RECORDS.

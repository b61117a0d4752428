-- ===== src/Capability/Registry.antt =====
-- The order in which capabilities are registered does not matter.
use ag_infer.Prelude.{
  ℕ, ◌≡◌, refl, sym, ◌∙◌, ap₂, Bool, true, false, not, List, [], ◌∷◌, map, list_eq, Bool-cases, inl,
  inr, String, insert_sorted, sorted, arith,
}
use mathlib.Core.List.{Permᴰ}
use ag_infer.Inventory.{InventoryOp, LoweringInventory}
use ag_infer.Command.{CudaArch}
use ag_infer.Capability.{
  ProviderCapability, digest_leb, has_digest, all_distinct, ordered_by_digest,
  resolve_provider_capabilities,
}

digest_leb-flip :
    (xs ys : List ℕ) → list_eq xs ys ≡ false → digest_leb xs ys ≡ not (digest_leb ys xs)
unfolding digest_leb list_eq
digest_leb-flip [] [] e = cc
digest_leb-flip [] (y ∷ ys) e = refl
digest_leb-flip (x ∷ xs) [] e = refl
digest_leb-flip (x ∷ xs) (y ∷ ys) e = elim (Bool-cases (list_eq xs ys)) [
  | inl same ↦ ground arith
  | inr other ↦ let rest = digest_leb-flip xs ys other in ground arith
]

digest_leb_trans :
    (xs ys zs : List ℕ)
    → digest_leb xs ys ≡ true
    → digest_leb ys zs ≡ true
    → digest_leb xs zs ≡ true
unfolding digest_leb
digest_leb_trans [] ys zs h k = refl
digest_leb_trans (x ∷ xs) [] zs h k = cc
digest_leb_trans (x ∷ xs) (y ∷ ys) [] h k = cc
digest_leb_trans (x ∷ xs) (y ∷ ys) (z ∷ zs) h k = elim (Bool-cases (digest_leb xs ys)) [
  | inl first ↦ elim (Bool-cases (digest_leb ys zs)) [
    | inl second ↦ let rest = digest_leb_trans xs ys zs first second in ground arith
    | inr second ↦ ground arith
  ]
  | inr first ↦ ground arith
]

list_eq_sym : (xs ys : List ℕ) → list_eq xs ys ≡ list_eq ys xs
unfolding list_eq
list_eq_sym [] [] = refl
list_eq_sym [] (y ∷ ys) = refl
list_eq_sym (x ∷ xs) [] = refl
list_eq_sym (x ∷ xs) (y ∷ ys) = let rest = list_eq_sym xs ys in ground arith

module _ {A : Type 0} (le : A → A → Bool)
    (le_trans : (x y z : A) → le x y ≡ true → le y z ≡ true → le x z ≡ true) where
  insert_sorted_comm :
      (x y : A) (zs : List A)
      → le x y ≡ not (le y x)
      → insert_sorted le x (insert_sorted le y zs) ≡ insert_sorted le y (insert_sorted le x zs)
  unfolding insert_sorted
  insert_sorted_comm x y [] flip = elim (Bool-cases (le y x)) [
    | inl t ↦ simp (flip, t, insert_sorted)
    | inr n ↦ simp (flip, n, insert_sorted)
  ]
  insert_sorted_comm x y (z ∷ zs) flip = elim (Bool-cases (le x z)) [
    | inl xz ↦ elim (Bool-cases (le y z)) [
      | inl yz ↦ elim (Bool-cases (le y x)) [
        | inl t ↦ simp (xz, yz, flip, t, insert_sorted)
        | inr n ↦ simp (xz, yz, flip, n, insert_sorted)
      ]
      | inr yz ↦ elim (Bool-cases (le y x)) [
        | inl t ↦ absurd (let h = le_trans y x z t xz in cc)
        | inr n ↦ simp (xz, yz, n, insert_sorted)
      ]
    ]
    | inr xz ↦ elim (Bool-cases (le y z)) [
      | inl yz ↦ elim (Bool-cases (le y x)) [
        | inl t ↦ simp (xz, yz, flip, t, insert_sorted)
        | inr n ↦ absurd (let h = le_trans x y z (rw (flip, n) refl) yz in cc)
      ]
      | inr yz ↦ let rest = insert_sorted_comm x y zs flip in simp (xz, yz, rest, insert_sorted)
    ]
  ]

-- Two digests at the front may change places.
swap_distinct :
    (d e : List ℕ) (ds : List (List ℕ)) → all_distinct (d ∷ e ∷ ds) ≡ all_distinct (e ∷ d ∷ ds)
unfolding all_distinct has_digest
swap_distinct d e ds = let s = list_eq_sym d e in ground arith

apart : (d e : List ℕ) (ds : List (List ℕ)) → all_distinct (d ∷ e ∷ ds) ≡ true → list_eq d e ≡ false
unfolding all_distinct has_digest
apart d e ds h = ground arith

swap_has :
    (x d e : List ℕ) (ds : List (List ℕ)) → has_digest x (d ∷ e ∷ ds) ≡ has_digest x (e ∷ d ∷ ds)
unfolding has_digest
swap_has x d e ds = ground arith

module _ (digest : ProviderCapability → List ℕ) where
  has_digest-Permᴰ :
      (d : List ℕ) {xs ys : List ProviderCapability}
      → Permᴰ xs ys
      → has_digest d (map digest xs) ≡ has_digest d (map digest ys)
  unfolding has_digest
  has_digest-Permᴰ d Permᴰ.nil = refl
  has_digest-Permᴰ d (Permᴰ.cons {a = a} {b = b} {l₁ = xs} {l₂ = ys} e p) =
      rw (e, has_digest-Permᴰ d p) refl
  has_digest-Permᴰ d (Permᴰ.swap {a = a} {b = b} {a' = c} {b' = e} {l = l} p q) =
      ap₂ (λ x y. has_digest d (map digest (x ∷ y ∷ l))) p q
      ∙ swap_has d (digest e) (digest c) (map digest l)
  has_digest-Permᴰ d (Permᴰ.trans p q) = has_digest-Permᴰ d p ∙ has_digest-Permᴰ d q

  all_distinct-Permᴰ :
      {xs ys : List ProviderCapability}
      → Permᴰ xs ys
      → all_distinct (map digest xs) ≡ all_distinct (map digest ys)
  unfolding all_distinct has_digest
  all_distinct-Permᴰ Permᴰ.nil = refl
  all_distinct-Permᴰ (Permᴰ.cons {a = a} {b = b} {l₁ = xs} {l₂ = ys} e p) =
      rw (e, has_digest-Permᴰ (digest b) p, all_distinct-Permᴰ p) refl
  all_distinct-Permᴰ (Permᴰ.swap {a = a} {b = b} {a' = c} {b' = e} {l = l} p q) =
      ap₂ (λ x y. all_distinct (map digest (x ∷ y ∷ l))) p q
      ∙ swap_distinct (digest e) (digest c) (map digest l)
  all_distinct-Permᴰ (Permᴰ.trans p q) = all_distinct-Permᴰ p ∙ all_distinct-Permᴰ q

  ordered_by_digest-Permᴰ :
      {xs ys : List ProviderCapability}
      → Permᴰ xs ys
      → all_distinct (map digest xs) ≡ true
      → ordered_by_digest digest xs ≡ ordered_by_digest digest ys
  unfolding ordered_by_digest sorted all_distinct has_digest
  ordered_by_digest-Permᴰ Permᴰ.nil h = refl
  ordered_by_digest-Permᴰ (Permᴰ.cons {a = a} {b = b} {l₁ = xs} {l₂ = ys} e p) h =
      rw (e, ordered_by_digest-Permᴰ p (ground arith)) refl
  ordered_by_digest-Permᴰ (Permᴰ.swap {a = a} {b = b} {a' = c} {b' = e} {l = l} p q) h =
      ap₂ (λ x y. ordered_by_digest digest (x ∷ y ∷ l)) p q
      ∙ insert_sorted_comm (λ a b. digest_leb (digest a) (digest b))
          (λ x y z. digest_leb_trans (digest x) (digest y) (digest z)) e c
          (ordered_by_digest digest l)
          (digest_leb-flip (digest e) (digest c) (
            apart (digest e) (digest c) (map digest l)
              (sym (ap₂ (λ x y. all_distinct (map digest (x ∷ y ∷ l))) p q) ∙ h)))
  ordered_by_digest-Permᴰ (Permᴰ.trans p q) h =
      ordered_by_digest-Permᴰ p h ∙ ordered_by_digest-Permᴰ q (sym (all_distinct-Permᴰ p) ∙ h)

module _ (digest : ProviderCapability → List ℕ)
    (requirement_detail : InventoryOp → CudaArch → String)
    (inventory_sha256 : LoweringInventory → List ℕ) where
  -- The order in which the capabilities stand in the registry does not matter: for a permutation of the
  -- registry, `resolve_provider_capabilities` returns the same resolution or raises the same
  -- exception.
  pub resolve_provider_capabilities-Permᴰ :
      (inventory : LoweringInventory) (registry registry' : List ProviderCapability)
      (target_arch : CudaArch) (strict : Bool)
      → Permᴰ registry registry'
      → resolve_provider_capabilities digest requirement_detail inventory_sha256 inventory registry
          target_arch strict
        ≡ resolve_provider_capabilities digest requirement_detail inventory_sha256 inventory
            registry' target_arch strict
  unfolding resolve_provider_capabilities
  resolve_provider_capabilities-Permᴰ inventory registry registry' target_arch strict p =
      elim (Bool-cases (all_distinct (map digest registry))) [
        | inl t ↦ rw (sym (all_distinct-Permᴰ digest p), t, ordered_by_digest-Permᴰ digest p t) refl
        | inr n ↦ rw (sym (all_distinct-Permᴰ digest p), n) refl
      ]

WORK TASK.
The lines from the one containing "unfolding resolve_provider_capabilities" through the final line of the listing above are to be repeated exactly, and nothing else is to be printed.

WRITTEN ANSWER.
  unfolding resolve_provider_capabilities
  resolve_provider_capabilities-Permᴰ inventory registry registry' target_arch strict p =
      elim (Bool-cases (all_distinct (map digest registry))) [
        | inl t ↦ rw (sym (all_distinct-Permᴰ digest p), t, ordered_by_digest-Permᴰ digest p t) refl
        | inr n ↦ rw (sym (all_distinct-Permᴰ digest p), n) refl
      ]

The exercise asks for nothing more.